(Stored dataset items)
******
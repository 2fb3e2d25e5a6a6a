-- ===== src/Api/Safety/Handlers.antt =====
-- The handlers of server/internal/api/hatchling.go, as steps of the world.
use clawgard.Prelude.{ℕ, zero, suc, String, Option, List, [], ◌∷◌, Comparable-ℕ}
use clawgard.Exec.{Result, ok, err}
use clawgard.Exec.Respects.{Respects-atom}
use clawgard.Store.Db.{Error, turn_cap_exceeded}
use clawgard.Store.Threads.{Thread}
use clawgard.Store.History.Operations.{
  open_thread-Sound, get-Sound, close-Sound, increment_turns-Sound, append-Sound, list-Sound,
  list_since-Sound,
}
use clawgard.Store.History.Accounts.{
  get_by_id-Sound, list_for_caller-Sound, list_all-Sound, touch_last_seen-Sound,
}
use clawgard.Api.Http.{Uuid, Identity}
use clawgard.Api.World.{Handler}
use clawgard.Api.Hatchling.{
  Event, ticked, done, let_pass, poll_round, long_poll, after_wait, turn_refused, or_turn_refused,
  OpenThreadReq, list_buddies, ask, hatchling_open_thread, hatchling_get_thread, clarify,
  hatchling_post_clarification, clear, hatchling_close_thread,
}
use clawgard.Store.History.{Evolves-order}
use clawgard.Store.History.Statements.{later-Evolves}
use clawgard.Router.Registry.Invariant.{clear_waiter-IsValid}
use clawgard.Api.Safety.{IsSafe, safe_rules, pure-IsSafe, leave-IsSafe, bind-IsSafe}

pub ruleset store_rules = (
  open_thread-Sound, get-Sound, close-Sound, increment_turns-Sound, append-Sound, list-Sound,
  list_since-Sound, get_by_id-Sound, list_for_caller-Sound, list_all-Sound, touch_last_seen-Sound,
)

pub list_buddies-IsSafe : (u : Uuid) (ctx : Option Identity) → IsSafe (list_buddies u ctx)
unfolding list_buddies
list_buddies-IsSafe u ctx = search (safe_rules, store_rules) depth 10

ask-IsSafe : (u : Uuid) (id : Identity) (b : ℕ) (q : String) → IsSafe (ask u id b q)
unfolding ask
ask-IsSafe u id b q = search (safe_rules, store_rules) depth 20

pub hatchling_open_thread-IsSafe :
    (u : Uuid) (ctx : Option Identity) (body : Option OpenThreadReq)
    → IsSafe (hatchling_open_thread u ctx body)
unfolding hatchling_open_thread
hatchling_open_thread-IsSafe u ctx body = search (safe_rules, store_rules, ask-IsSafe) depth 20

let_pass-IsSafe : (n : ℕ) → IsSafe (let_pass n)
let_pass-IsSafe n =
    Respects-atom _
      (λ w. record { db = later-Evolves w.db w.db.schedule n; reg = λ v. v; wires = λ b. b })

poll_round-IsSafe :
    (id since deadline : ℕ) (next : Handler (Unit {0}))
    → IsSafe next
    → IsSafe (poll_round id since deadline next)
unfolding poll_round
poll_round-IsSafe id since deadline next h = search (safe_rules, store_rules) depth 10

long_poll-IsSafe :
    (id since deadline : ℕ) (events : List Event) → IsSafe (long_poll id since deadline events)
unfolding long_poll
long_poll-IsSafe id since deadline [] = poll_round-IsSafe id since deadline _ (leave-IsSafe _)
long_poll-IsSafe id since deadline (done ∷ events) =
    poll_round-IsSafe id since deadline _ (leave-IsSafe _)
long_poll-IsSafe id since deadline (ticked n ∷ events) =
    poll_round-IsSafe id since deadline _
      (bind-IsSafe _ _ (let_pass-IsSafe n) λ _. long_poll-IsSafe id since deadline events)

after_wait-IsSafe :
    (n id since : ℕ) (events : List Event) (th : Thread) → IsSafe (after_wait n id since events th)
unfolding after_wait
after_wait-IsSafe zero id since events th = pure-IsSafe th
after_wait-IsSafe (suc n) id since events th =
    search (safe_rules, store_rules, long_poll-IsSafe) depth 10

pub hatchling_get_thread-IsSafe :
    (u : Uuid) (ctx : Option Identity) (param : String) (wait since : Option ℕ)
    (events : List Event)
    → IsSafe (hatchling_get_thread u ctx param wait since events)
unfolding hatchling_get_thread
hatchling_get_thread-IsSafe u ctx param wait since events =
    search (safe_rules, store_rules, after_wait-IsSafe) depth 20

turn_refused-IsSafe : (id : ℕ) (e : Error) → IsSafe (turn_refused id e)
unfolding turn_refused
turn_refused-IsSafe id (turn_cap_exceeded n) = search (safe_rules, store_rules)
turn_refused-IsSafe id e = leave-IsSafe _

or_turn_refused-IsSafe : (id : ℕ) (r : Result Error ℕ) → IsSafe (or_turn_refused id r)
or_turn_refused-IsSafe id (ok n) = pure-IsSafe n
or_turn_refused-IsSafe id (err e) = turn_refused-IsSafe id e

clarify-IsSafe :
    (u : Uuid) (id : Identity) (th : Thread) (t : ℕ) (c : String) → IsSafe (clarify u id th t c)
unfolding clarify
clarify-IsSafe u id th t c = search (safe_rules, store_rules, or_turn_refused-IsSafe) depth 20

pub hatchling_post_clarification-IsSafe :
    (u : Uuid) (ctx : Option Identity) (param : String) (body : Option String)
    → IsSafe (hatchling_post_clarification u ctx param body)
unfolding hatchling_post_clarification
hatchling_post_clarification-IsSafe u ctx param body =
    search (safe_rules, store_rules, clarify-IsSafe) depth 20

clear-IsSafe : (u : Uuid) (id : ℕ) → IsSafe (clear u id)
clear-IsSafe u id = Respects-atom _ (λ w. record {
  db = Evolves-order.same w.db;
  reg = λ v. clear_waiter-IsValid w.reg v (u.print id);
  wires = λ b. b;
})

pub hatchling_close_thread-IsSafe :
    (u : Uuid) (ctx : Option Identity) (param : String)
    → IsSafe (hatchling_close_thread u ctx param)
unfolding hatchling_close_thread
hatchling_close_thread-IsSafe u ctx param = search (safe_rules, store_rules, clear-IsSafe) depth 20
******
Search the records for the word "History" and return every line that holds it.

# Exercise output:
use clawgard.Store.History.Operations.{
use clawgard.Store.History.Accounts.{
use clawgard.Store.History.{Evolves-order}
use clawgard.Store.History.Statements.{later-Evolves}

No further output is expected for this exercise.